#### Records provided

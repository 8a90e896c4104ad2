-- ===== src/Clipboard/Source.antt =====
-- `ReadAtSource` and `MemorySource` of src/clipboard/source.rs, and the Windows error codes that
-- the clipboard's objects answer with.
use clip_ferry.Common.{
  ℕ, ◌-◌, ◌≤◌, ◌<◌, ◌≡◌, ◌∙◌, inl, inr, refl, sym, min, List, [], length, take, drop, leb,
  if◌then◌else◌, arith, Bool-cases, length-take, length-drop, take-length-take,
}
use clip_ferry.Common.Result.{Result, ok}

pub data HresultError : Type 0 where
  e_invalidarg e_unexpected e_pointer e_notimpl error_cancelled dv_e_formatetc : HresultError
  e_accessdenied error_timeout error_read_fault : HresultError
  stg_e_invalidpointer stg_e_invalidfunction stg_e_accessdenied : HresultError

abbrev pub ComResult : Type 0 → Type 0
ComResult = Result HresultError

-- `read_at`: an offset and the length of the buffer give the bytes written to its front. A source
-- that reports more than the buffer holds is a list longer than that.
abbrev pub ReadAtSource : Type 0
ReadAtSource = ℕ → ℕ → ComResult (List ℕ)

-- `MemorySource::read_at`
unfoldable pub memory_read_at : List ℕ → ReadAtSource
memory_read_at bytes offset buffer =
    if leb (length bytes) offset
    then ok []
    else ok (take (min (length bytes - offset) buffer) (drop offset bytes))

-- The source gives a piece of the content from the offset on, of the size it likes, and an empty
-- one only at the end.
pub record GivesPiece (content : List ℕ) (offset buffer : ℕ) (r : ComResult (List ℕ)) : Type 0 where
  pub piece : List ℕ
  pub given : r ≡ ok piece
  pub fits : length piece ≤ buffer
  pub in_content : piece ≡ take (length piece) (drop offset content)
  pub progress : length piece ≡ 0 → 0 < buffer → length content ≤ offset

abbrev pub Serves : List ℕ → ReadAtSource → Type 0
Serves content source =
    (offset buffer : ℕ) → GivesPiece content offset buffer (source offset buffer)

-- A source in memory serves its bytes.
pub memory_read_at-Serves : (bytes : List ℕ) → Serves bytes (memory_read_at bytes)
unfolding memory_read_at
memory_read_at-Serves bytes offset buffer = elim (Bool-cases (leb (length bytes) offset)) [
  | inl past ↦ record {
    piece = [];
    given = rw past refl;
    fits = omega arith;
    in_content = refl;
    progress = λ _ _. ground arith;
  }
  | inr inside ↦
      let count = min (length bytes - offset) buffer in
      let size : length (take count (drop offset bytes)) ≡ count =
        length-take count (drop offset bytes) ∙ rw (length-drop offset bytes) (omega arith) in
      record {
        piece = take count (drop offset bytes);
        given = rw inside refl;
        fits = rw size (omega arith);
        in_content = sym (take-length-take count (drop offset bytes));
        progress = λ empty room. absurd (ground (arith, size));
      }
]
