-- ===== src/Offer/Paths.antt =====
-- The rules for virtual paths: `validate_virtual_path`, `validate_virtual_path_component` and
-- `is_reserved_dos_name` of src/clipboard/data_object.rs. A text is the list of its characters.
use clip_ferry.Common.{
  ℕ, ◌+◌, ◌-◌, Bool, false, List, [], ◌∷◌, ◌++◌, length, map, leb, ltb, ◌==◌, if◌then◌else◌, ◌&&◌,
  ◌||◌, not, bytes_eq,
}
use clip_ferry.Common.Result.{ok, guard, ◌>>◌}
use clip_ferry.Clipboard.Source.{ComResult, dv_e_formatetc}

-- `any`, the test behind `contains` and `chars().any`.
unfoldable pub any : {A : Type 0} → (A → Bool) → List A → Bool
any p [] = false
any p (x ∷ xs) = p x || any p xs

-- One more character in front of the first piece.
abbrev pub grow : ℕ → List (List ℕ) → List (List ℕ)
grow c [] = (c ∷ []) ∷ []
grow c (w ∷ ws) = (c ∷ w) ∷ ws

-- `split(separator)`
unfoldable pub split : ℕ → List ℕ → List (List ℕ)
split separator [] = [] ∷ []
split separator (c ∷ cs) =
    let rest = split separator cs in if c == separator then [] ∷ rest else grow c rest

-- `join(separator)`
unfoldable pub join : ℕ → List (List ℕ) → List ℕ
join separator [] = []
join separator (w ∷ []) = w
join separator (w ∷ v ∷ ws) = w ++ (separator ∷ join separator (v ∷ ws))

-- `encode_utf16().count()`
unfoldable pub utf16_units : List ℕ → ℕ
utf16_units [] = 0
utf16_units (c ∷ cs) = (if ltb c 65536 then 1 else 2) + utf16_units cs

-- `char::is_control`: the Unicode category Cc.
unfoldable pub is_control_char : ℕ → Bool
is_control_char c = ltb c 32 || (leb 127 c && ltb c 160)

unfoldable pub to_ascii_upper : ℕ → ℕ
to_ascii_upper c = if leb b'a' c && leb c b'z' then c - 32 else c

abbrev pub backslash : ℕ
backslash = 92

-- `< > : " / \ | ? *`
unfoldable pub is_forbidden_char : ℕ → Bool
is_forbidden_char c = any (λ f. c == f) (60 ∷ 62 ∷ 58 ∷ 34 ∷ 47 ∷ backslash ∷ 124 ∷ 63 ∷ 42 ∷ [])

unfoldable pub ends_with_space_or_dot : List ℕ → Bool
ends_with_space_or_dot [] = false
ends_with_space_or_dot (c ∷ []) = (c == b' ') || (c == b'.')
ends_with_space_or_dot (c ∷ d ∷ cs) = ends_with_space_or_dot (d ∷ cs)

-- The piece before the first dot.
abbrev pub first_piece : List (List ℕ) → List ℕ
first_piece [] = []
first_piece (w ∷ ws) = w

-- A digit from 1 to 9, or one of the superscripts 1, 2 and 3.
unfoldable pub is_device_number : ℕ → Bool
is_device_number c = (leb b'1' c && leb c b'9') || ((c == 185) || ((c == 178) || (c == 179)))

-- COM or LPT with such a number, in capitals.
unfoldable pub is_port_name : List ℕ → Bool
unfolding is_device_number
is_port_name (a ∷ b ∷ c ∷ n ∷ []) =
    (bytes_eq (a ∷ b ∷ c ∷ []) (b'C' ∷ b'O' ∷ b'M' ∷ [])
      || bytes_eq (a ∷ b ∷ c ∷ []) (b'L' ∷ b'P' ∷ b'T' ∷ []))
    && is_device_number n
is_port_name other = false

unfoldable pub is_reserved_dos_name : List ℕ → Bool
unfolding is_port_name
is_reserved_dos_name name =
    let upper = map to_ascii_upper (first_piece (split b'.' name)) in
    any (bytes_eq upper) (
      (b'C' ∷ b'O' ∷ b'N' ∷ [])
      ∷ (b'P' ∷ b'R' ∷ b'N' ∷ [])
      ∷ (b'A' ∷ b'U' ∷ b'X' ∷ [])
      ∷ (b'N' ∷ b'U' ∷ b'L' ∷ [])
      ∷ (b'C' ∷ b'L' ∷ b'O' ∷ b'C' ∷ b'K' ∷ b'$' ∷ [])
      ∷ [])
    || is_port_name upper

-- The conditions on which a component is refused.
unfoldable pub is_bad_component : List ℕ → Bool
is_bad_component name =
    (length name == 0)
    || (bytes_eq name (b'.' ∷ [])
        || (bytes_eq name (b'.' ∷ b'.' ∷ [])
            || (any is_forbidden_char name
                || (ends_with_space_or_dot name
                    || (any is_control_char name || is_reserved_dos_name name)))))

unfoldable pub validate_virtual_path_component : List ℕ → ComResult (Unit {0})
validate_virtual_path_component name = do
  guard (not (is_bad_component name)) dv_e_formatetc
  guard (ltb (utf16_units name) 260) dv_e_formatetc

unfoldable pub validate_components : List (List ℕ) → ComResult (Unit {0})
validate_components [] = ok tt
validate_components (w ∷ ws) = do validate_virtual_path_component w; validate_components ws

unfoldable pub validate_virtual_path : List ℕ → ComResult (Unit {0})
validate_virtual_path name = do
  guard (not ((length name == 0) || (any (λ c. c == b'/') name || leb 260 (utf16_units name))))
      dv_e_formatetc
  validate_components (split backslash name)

########

Exercise prompt: Starting with the line above that holds "(offset buffer : ℕ) →" and stopping with the line that holds "fits = rw size (omega arith);", reproduce each line exactly, omitting all other lines.

Answer section:
    (offset buffer : ℕ) → GivesPiece content offset buffer (source offset buffer)

-- A source in memory serves its bytes.
pub memory_read_at-Serves : (bytes : List ℕ) → Serves bytes (memory_read_at bytes)
unfolding memory_read_at
memory_read_at-Serves bytes offset buffer = elim (Bool-cases (leb (length bytes) offset)) [
  | inl past ↦ record {
    piece = [];
    given = rw past refl;
    fits = omega arith;
    in_content = refl;
    progress = λ _ _. ground arith;
  }
  | inr inside ↦
      let count = min (length bytes - offset) buffer in
      let size : length (take count (drop offset bytes)) ≡ count =
        length-take count (drop offset bytes) ∙ rw (length-drop offset bytes) (omega arith) in
      record {
        piece = take count (drop offset bytes);
        given = rw inside refl;
        fits = rw size (omega arith);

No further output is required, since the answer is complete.